KPST-FM
- Coachella, California; United States;
- Broadcast area: Palm Springs, California; Coachella Valley;
- Frequency: 103.5 MHz
- Branding: Fuego FM 103.5

Programming
- Language: Bilingual
- Format: Rhythmic CHR
- Affiliations: Fuego FM

Ownership
- Owner: Entravision Communications; (Entravision Holdings, LLC);
- Sister stations: KLOB

History
- First air date: June 1, 2012
- Call sign meaning: Palm Springs and Thermal

Technical information
- Licensing authority: FCC
- Facility ID: 189509
- Class: A
- ERP: 1,900 watts
- HAAT: 179 meters (587 ft)
- Transmitter coordinates: 33°39′23″N 116°59′29″W﻿ / ﻿33.65639°N 116.99139°W
- Translator: KVER-CD 41.6 Palm Springs

Links
- Public license information: Public file; LMS;

= KPST-FM =

Radio station in Coachella, California

KPST-FM (103.5 FM) is a radio station licensed to Coachella, California, United States, and serving the Palm Springs Area. Owned by Entravision Communications, it airs a Bilingual Rhythmic CHR format branded as "Fuego 103.5". The station's studios are located in Palm Desert, while the transmitter is located in a mountain range east of Mecca, and within proximity to Interstate 10. The station is unusual in having its programming relayed onto a digital television station, using PSIP channel 41.6 on KVER-CD to distribute its programming instead of having an HD Radio transmitter.

==History==
===Early years (2012–2020)===
The station is one of the newest full power stations to the area, having received a construction permit in early 2012. It was assigned the KPST-FM call letters on May 15, 2012. While it was originally due to sign on in 2015, it received its broadcast license ahead of schedule on June 1, 2012, signing on that same day with a Regional Mexican format. The station has kept the same call letters throughout its existence.

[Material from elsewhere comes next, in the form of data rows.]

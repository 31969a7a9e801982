-- ===== src/Pattern/Engine/Limit.antt =====
-- The limits on the matches that the engine reports.
use native.Mathlib.Decide.{ℕ_discrete}
use mathlib.Core.Logic.{if_pos, if_neg}
use rustmate.Base.{
  ℕ, ◌+◌, ◌≡◌, ◌≤◌, ◌<◌, refl, sym, ap, subst, ◌∙◌, Bool, true, false, ◌&&◌, ◌||◌, if◌then◌else◌,
  Option, none, some, List, [], ◌∷◌, ◌++◌, arith, leb, ◌==◌, if_both, u64_max, saturating_add,
  length, length-append, sum_map, All, any, get_elem?, take, drop, ◌-◌, get, set_value, get-front,
  Option-cases, inl, inr,
}
use rustmate.Content.Direction.{StreamContentRange, StreamContentWindow}
use rustmate.Content.Store.{StreamContent, StreamContentUpdate}
use rustmate.Content.Window.{direction_windows}
use rustmate.Pattern.Matchers.{Matchers}
use rustmate.Pattern.Set.{PatternEngineConfig, CompiledPattern, lookbehind_bytes}
use rustmate.Pattern.Engine.{
  PatternEngine, NewRange, MatchKey, CandidateMatch, same_key, match_key, or_insert_zero,
  matches_of, drop_match, reserve_match, push_event, pattern_fields, emit_match, emit_match_if_new,
  emit_candidates, candidates, scan_window, scan_windows, scan_range, scan_ranges, scan_update,
}

abbrev Counts : Type 0
Counts = List (ℕ × ℕ)

abbrev total : Counts → ℕ
total counts = sum_map (λ (p : ℕ × ℕ). p.1) counts

abbrev EachAtMost : ℕ → Counts → Type 0
EachAtMost most counts = All (λ (p : ℕ × ℕ). p.1 ≤ most) counts

total-set_value :
    (k n : ℕ) (counts : Counts)
    → get ℕ_discrete k counts ≡ some n
    → total (set_value ℕ_discrete k (n + 1) counts) ≡ total counts + 1
unfolding get set_value
total-set_value k n [] e = ground arith
total-set_value k n ((j, v) ∷ counts) e = ground (arith, total-set_value k n counts)

EachAtMost-set_value :
    (most k n : ℕ) (counts : Counts)
    → n ≤ most
    → EachAtMost most counts
    → EachAtMost most (set_value ℕ_discrete k n counts)
unfolding set_value
EachAtMost-set_value most k n [] h a = tt
EachAtMost-set_value most k n ((j, v) ∷ counts) h a = elim (ℕ_discrete j k) [
  | yes e ↦ rw (if_pos _ e) (h, a.1)
  | no e ↦ rw (if_neg _ e) (a.0, EachAtMost-set_value most k n counts h a.1)
]

-- What `or_insert_zero` leaves: the entry is there, the numbers are the same.
record Entered (k most : ℕ) (counts after : Counts) : Type 0 where
  entry : get ℕ_discrete k after ≡ some (matches_of k counts)
  same_total : total after ≡ total counts
  each : EachAtMost most after

or_insert_zero-Entered :
    (k most : ℕ) (counts : Counts)
    → EachAtMost most counts
    → Entered k most counts (or_insert_zero k counts)
unfolding or_insert_zero matches_of
or_insert_zero-Entered k most counts h = elim (Option-cases (get ℕ_discrete k counts)) [
  | inl e ↦
      let entry : matches_of k counts ≡ 0 = rw (e, matches_of) refl in
      rw (e, or_insert_zero)
        (record {
          entry = get-front ℕ_discrete k 0 counts ∙ ap some (sym entry);
          same_total = omega arith;
          each = (omega arith, h);
        })
  | inr (n, e) ↦
      let entry : matches_of k counts ≡ n = rw (e, matches_of) refl in
      rw (e, or_insert_zero)
        (record { entry = e ∙ ap some (sym entry); same_total = refl; each = h })
]

module _ (m : Matchers) (base64 : List ℕ → List ℕ) (config : PatternEngineConfig m)
    (before counted : ℕ) where
  -- The limits, that the counts of the streams add up to the total, and that there are no more events
  -- than `before` and the matches that have been counted since there were `counted`.
  record Limited (e : PatternEngine m base64) : Type 0 where
    same_config : e.config ≡ config
    in_total : e.stats.pattern_matches ≤ config.max_total_matches
    in_stream : EachAtMost config.max_matches_per_stream e.matches_by_stream
    added_up : total e.matches_by_stream ≡ e.stats.pattern_matches
    events : length e.events + counted ≤ before + e.stats.pattern_matches

  -- The same, but for an event that may still be pushed.
  record Reserved (r : Bool × PatternEngine m base64) : Type 0 where
    limited : Limited r.1
    room : r.0 ≡ true → length r.1.events + counted < before + r.1.stats.pattern_matches

  reserve_match-Reserved :
      (stream_id : ℕ) (e : PatternEngine m base64)
      → config.max_total_matches ≤ u64_max
      → config.max_matches_per_stream ≤ u64_max
      → Limited e
      → Reserved (reserve_match m base64 stream_id e)
  unfolding reserve_match drop_match
  reserve_match-Reserved stream_id e ut us l =
      if_both Reserved (leb e.config.max_total_matches e.stats.pattern_matches)
        (λ _. record {
          limited = record {
            same_config = l.same_config;
            in_total = l.in_total;
            in_stream = l.in_stream;
            added_up = l.added_up;
            events = l.events;
          };
          room = λ r. ground arith;
        })
        (λ t.
          if_both Reserved
            (leb e.config.max_matches_per_stream (matches_of stream_id e.matches_by_stream))
            (λ _. record {
              limited = record {
                same_config = l.same_config;
                in_total = l.in_total;
                in_stream = entered.each;
                added_up = entered.same_total ∙ l.added_up;
                events = l.events;
              };
              room = λ r. ground arith;
            })
            (λ p. record {
              limited = record {
                same_config = l.same_config;
                in_total = ground (arith, max_total, t);
                in_stream =
                    EachAtMost-set_value config.max_matches_per_stream stream_id
                      (saturating_add (matches_of stream_id e.matches_by_stream) 1)
                      (or_insert_zero stream_id e.matches_by_stream) (ground (arith, max_stream, p))
                      entered.each;
                added_up =
                    omega (arith, added (below p), entered.same_total, l.added_up, ut, in_range t);
                events = omega (arith, l.events, ut, in_range t);
              };
              room = λ _. omega (arith, l.events, ut, in_range t);
            }))
    where
      entered :
          Entered stream_id config.max_matches_per_stream e.matches_by_stream
            (or_insert_zero stream_id e.matches_by_stream)
      entered =
          or_insert_zero-Entered stream_id config.max_matches_per_stream e.matches_by_stream
            l.in_stream

      max_total : e.config.max_total_matches ≡ config.max_total_matches
      max_total = ap (λ (c : PatternEngineConfig m). c.max_total_matches) l.same_config

      max_stream : e.config.max_matches_per_stream ≡ config.max_matches_per_stream
      max_stream = ap (λ (c : PatternEngineConfig m). c.max_matches_per_stream) l.same_config

      in_range :
          leb e.config.max_total_matches e.stats.pattern_matches ≡ false
          → e.stats.pattern_matches < u64_max
      in_range t = ground (arith, max_total, ut)

      below :
          leb e.config.max_matches_per_stream (matches_of stream_id e.matches_by_stream) ≡ false
          → matches_of stream_id e.matches_by_stream < u64_max
      below p = ground (arith, max_stream, us)

      exact :
          matches_of stream_id e.matches_by_stream < u64_max
          → saturating_add (matches_of stream_id e.matches_by_stream) 1
            ≡ matches_of stream_id e.matches_by_stream + 1
      exact b = omega (arith, b)

      added :
          matches_of stream_id e.matches_by_stream < u64_max
          → total (
              set_value ℕ_discrete stream_id
                (saturating_add (matches_of stream_id e.matches_by_stream) 1)
                (or_insert_zero stream_id e.matches_by_stream))
            ≡ total (or_insert_zero stream_id e.matches_by_stream) + 1
      added b =
          ap
            (λ n.
              total
                (set_value ℕ_discrete stream_id n (or_insert_zero stream_id e.matches_by_stream)))
            (exact b)
          ∙ total-set_value stream_id (matches_of stream_id e.matches_by_stream)
              (or_insert_zero stream_id e.matches_by_stream) entered.entry

  panicked_Limited :
      (e : PatternEngine m base64) → Limited e → Limited (record e { panicked = true })
  panicked_Limited e l = record {
    same_config = l.same_config;
    in_total = l.in_total;
    in_stream = l.in_stream;
    added_up = l.added_up;
    events = l.events;
  }

  push_event-Limited :
      (window : StreamContentWindow) (c : CandidateMatch) (absolute_start absolute_end : ℕ)
      (e : PatternEngine m base64)
      → Limited e
      → length e.events + counted < before + e.stats.pattern_matches
      → Limited (push_event m base64 window c absolute_start absolute_end e)
  unfolding push_event
  push_event-Limited window c absolute_start absolute_end e l room =
      go (get_elem? e.config.set.patterns c.pattern_index)
    where
      go :
          (pattern : Option (CompiledPattern m))
          → Limited (elim pattern [
            | none ↦ record e { panicked = true }
            | some pattern ↦
                if leb c.start c.end && leb c.end (length window.bytes)
                then record e {
                  events =
                      e.events
                      ++ pattern_fields m base64 pattern window absolute_start absolute_end
                          (take (c.end - c.start) (drop c.start window.bytes))
                        ∷ [];
                }
                else record e { panicked = true }
          ])
      go none = panicked_Limited e l
      go (some pattern) =
          if_both Limited (leb c.start c.end && leb c.end (length window.bytes))
            (λ _. record {
              same_config = l.same_config;
              in_total = l.in_total;
              in_stream = l.in_stream;
              added_up = l.added_up;
              events = omega (
                arith,
                room,
                length-append e.events (
                    pattern_fields m base64 pattern window absolute_start absolute_end
                      (take (c.end - c.start) (drop c.start window.bytes))
                    ∷ []),
              );
            })
            (λ _. panicked_Limited e l)

  module _ (ut : config.max_total_matches ≤ u64_max)
      (us : config.max_matches_per_stream ≤ u64_max) where
    emit_match-Limited :
        (window : StreamContentWindow) (c : CandidateMatch) (absolute_start absolute_end : ℕ)
        (e : PatternEngine m base64)
        → Limited e
        → Limited (emit_match m base64 window c absolute_start absolute_end e)
    unfolding emit_match
    emit_match-Limited window c absolute_start absolute_end e l =
        let r = reserve_match-Reserved window.stream_id e ut us l in
        if_both Limited (reserve_match m base64 window.stream_id e).0
          (λ reserved.
            push_event-Limited window c absolute_start absolute_end
              (reserve_match m base64 window.stream_id e).1 r.limited (r.room reserved))
          (λ _. r.limited)

    emit_match_if_new-Limited :
        (window : StreamContentWindow) (new_range : NewRange) (c : CandidateMatch)
        (e : PatternEngine m base64)
        → Limited e
        → Limited (emit_match_if_new m base64 window new_range c e)
    unfolding emit_match_if_new
    emit_match_if_new-Limited window new_range c e l =
        if_both Limited (c.start == c.end) (λ _. l)
          (λ _.
            if_both Limited (leb new_range.end key.start || leb key.end new_range.start) (λ _. l)
              (λ _.
                if_both Limited (any (same_key key) e.emitted) (λ _. l)
                  (λ _.
                    emit_match-Limited window c key.start key.end
                      (record e { emitted = key ∷ e.emitted })
                      (record {
                        same_config = l.same_config;
                        in_total = l.in_total;
                        in_stream = l.in_stream;
                        added_up = l.added_up;
                        events = l.events;
                      }))))
      where
        key : MatchKey
        key = match_key window c

    emit_candidates-Limited :
        (window : StreamContentWindow) (new_range : NewRange) (found : List CandidateMatch)
        (e : PatternEngine m base64)
        → Limited e
        → Limited (emit_candidates m base64 window new_range found e)
    unfolding emit_candidates
    emit_candidates-Limited window new_range [] e l = l
    emit_candidates-Limited window new_range (c ∷ found) e l =
        emit_candidates-Limited window new_range found
          (emit_match_if_new m base64 window new_range c e)
          (emit_match_if_new-Limited window new_range c e l)

    scan_window-Limited :
        (window : StreamContentWindow) (new_range : NewRange) (e : PatternEngine m base64)
        → Limited e
        → Limited (scan_window m base64 window new_range e)
    unfolding scan_window
    scan_window-Limited window new_range e l = go (candidates m base64 e.config window.bytes)
      where
        go :
            (found : Option (List CandidateMatch))
            → Limited (elim found [
              | none ↦ record e { panicked = true }
              | some found ↦ emit_candidates m base64 window new_range found e
            ])
        go none = panicked_Limited e l
        go (some found) = emit_candidates-Limited window new_range found e l

    scan_windows-Limited :
        (new_range : NewRange) (windows : List StreamContentWindow) (e : PatternEngine m base64)
        → Limited e
        → Limited (scan_windows m base64 new_range windows e)
    unfolding scan_windows
    scan_windows-Limited new_range [] e l = l
    scan_windows-Limited new_range (window ∷ windows) e l =
        scan_windows-Limited new_range windows (scan_window m base64 window new_range e)
          (scan_window-Limited window new_range e l)

    scan_range-Limited :
        (content : StreamContent) (update : StreamContentUpdate) (range : StreamContentRange)
        (e : PatternEngine m base64)
        → Limited e
        → Limited (scan_range m base64 content update range e)
    unfolding scan_range
    scan_range-Limited content update range e l = go (
        direction_windows update.key range.direction
          (range.logical_start - lookbehind_bytes m e.config) range.logical_end content)
      where
        go :
            (windows : Option (List StreamContentWindow))
            → Limited (elim windows [
              | none ↦ e
              | some windows ↦
                  scan_windows m base64
                    (record { start = range.logical_start; end = range.logical_end })
                    windows
                    e
            ])
        go none = l
        go (some windows) = scan_windows-Limited _ windows e l

    scan_ranges-Limited :
        (content : StreamContent) (update : StreamContentUpdate) (ranges : List StreamContentRange)
        (e : PatternEngine m base64)
        → Limited e
        → Limited (scan_ranges m base64 content update ranges e)
    unfolding scan_ranges
    scan_ranges-Limited content update [] e l = l
    scan_ranges-Limited content update (range ∷ ranges) e l =
        scan_ranges-Limited content update ranges _ (scan_range-Limited content update range e l)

===CHR era (2021–present)===
On March 29, 2021, at midnight, KPST-FM flipped to a CHR format, branded as Fuego FM. The change comes with the pending sale of KRCK-FM to VCY America, after which time KPST-FM will become the de facto CHR station. On that same day, the station picked up the syndicated Shoboy program for mornings.

Today, the station airs a Bilingual Rhythmic music presentation with songs in both English and Spanish.